## PROBLEM
From the data below, set down exactly the lines between the one holding "length (to_bytes block_header header))" and the one holding "same bytes = bytes", inclusive, and no others.

Entries taken from a collection:

☆ ☆ ☆ ☆ ☆ ☆ ☆

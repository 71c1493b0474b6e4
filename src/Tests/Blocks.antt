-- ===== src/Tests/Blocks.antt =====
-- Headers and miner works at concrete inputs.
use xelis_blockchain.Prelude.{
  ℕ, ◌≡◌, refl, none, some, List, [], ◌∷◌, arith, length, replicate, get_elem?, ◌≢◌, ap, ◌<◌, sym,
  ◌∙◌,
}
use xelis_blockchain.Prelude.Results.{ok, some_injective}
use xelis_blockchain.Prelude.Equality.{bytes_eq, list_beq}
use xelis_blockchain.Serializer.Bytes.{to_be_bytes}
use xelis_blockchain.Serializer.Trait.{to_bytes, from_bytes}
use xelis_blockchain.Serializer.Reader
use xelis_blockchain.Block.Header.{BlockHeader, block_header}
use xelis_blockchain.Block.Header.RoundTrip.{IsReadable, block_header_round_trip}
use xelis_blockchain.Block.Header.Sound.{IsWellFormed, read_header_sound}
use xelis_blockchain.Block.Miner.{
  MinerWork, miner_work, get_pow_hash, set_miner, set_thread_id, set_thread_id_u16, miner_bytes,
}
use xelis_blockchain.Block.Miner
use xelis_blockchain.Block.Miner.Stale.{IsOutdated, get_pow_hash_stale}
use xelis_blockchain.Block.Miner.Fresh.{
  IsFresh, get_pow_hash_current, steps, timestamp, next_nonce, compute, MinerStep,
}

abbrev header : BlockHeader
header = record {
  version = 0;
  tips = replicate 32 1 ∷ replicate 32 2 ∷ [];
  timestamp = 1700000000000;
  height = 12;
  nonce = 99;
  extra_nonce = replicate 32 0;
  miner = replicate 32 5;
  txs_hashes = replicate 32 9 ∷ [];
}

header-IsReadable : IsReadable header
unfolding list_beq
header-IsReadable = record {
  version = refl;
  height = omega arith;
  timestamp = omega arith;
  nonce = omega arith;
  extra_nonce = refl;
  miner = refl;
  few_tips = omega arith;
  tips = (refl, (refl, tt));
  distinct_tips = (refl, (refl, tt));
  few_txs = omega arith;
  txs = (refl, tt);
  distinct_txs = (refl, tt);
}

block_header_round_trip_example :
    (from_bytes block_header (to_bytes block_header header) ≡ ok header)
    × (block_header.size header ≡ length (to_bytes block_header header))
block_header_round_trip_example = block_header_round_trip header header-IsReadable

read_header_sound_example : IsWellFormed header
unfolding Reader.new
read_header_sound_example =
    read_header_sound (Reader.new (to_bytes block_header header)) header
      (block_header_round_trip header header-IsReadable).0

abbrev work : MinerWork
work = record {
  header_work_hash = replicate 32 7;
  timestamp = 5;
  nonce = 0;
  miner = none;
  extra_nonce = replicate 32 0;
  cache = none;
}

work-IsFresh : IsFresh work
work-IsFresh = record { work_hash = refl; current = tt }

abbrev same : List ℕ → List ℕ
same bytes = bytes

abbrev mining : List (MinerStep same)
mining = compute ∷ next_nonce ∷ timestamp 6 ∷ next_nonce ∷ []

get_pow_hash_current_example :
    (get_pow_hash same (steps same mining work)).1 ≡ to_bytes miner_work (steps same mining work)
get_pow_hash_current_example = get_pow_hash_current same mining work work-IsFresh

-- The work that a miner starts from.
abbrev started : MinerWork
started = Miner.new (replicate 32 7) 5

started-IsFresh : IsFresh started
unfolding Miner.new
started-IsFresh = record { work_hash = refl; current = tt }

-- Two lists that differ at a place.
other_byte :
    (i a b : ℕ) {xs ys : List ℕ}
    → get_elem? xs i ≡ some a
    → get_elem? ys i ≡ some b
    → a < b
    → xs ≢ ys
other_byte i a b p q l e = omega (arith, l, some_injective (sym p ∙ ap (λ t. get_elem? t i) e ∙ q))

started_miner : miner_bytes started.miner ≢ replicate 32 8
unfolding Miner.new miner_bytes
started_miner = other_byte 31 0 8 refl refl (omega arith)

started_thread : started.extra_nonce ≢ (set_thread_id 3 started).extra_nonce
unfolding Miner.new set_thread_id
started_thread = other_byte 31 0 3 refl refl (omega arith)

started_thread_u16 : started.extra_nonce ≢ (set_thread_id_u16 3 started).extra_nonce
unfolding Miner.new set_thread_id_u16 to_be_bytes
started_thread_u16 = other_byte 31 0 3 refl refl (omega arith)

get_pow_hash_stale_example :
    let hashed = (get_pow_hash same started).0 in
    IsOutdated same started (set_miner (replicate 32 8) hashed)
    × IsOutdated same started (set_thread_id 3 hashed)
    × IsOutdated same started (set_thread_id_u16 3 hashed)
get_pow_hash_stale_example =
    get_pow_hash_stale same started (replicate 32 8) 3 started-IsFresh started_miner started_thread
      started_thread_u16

☆ ☆ ☆ ☆ ☆ ☆ ☆

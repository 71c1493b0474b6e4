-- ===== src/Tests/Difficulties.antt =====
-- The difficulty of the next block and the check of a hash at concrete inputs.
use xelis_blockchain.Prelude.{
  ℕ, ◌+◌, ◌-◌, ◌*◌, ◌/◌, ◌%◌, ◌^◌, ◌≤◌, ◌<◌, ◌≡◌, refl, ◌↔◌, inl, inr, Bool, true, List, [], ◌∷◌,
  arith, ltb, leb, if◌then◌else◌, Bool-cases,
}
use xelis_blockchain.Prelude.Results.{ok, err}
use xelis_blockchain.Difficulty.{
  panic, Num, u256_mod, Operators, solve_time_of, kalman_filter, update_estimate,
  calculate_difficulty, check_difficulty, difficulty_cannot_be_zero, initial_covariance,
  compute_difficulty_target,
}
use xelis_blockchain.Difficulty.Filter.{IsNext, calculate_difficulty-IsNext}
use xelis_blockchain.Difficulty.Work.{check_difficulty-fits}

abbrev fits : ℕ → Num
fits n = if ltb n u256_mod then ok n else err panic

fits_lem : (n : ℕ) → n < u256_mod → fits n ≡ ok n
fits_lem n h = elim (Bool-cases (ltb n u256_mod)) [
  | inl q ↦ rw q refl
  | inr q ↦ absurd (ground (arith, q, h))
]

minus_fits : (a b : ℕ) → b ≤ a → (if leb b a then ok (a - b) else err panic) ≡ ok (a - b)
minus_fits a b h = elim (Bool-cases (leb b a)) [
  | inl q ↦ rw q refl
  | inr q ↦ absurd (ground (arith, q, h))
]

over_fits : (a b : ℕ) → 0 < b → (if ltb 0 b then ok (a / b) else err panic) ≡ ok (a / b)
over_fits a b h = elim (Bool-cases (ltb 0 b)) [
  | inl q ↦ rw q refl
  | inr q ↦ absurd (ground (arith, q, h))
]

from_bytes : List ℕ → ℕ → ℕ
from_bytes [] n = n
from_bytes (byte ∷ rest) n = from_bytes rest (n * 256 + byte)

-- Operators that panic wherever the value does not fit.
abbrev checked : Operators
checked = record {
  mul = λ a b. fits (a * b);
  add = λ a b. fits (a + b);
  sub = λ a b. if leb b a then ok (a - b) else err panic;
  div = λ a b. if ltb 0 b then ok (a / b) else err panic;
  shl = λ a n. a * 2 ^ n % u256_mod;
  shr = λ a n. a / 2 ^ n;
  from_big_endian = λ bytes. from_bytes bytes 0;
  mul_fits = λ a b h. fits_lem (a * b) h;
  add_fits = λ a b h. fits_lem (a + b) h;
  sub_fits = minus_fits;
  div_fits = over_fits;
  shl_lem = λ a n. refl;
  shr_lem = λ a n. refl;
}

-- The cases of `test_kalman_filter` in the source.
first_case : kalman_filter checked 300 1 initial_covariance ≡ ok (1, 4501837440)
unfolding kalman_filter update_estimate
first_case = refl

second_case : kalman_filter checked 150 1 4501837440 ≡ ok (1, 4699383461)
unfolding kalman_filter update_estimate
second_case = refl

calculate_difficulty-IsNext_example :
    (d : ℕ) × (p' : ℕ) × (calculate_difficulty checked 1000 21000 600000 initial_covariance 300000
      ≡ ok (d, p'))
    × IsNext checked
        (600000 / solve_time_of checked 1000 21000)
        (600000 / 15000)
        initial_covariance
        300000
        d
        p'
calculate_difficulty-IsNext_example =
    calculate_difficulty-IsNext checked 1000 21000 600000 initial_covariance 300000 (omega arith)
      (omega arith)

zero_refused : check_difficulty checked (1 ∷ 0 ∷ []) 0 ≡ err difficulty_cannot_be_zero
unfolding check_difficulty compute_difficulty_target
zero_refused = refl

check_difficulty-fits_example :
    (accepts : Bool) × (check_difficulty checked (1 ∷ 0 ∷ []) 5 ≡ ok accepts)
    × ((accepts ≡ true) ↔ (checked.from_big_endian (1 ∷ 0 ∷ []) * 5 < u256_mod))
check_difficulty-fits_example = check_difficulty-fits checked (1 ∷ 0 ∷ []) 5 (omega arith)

☆ ☆ ☆ ☆ ☆ ☆ ☆

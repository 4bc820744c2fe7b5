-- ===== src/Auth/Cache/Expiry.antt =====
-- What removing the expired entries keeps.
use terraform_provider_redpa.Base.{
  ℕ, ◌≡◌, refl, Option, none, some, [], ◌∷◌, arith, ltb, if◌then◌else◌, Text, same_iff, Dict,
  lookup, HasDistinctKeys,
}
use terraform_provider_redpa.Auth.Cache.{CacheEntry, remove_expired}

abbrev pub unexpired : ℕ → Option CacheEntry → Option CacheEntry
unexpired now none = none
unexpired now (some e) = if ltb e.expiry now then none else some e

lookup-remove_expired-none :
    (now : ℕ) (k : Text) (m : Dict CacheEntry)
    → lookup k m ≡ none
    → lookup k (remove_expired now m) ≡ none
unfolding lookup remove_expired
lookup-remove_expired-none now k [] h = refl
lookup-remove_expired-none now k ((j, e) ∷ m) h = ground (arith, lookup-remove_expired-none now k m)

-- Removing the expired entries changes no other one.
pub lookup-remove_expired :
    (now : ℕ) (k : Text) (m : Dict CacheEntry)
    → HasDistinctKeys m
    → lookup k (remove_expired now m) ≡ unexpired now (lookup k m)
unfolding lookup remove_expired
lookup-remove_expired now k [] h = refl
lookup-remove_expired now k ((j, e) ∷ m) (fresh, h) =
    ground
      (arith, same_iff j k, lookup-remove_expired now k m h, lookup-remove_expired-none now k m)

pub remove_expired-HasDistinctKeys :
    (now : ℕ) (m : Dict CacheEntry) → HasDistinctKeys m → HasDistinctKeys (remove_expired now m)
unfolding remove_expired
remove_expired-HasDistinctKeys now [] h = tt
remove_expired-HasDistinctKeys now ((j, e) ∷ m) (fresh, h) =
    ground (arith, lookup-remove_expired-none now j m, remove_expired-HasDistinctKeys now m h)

☆ ☆ ☆ ☆ ☆ ☆ ☆

## TASK ANSWER
    × (block_header.size header ≡ length (to_bytes block_header header))
block_header_round_trip_example = block_header_round_trip header header-IsReadable

read_header_sound_example : IsWellFormed header
unfolding Reader.new
read_header_sound_example =
    read_header_sound (Reader.new (to_bytes block_header header)) header
      (block_header_round_trip header header-IsReadable).0

abbrev work : MinerWork
work = record {
  header_work_hash = replicate 32 7;
  timestamp = 5;
  nonce = 0;
  miner = none;
  extra_nonce = replicate 32 0;
  cache = none;
}

work-IsFresh : IsFresh work
work-IsFresh = record { work_hash = refl; current = tt }

abbrev same : List ℕ → List ℕ
same bytes = bytes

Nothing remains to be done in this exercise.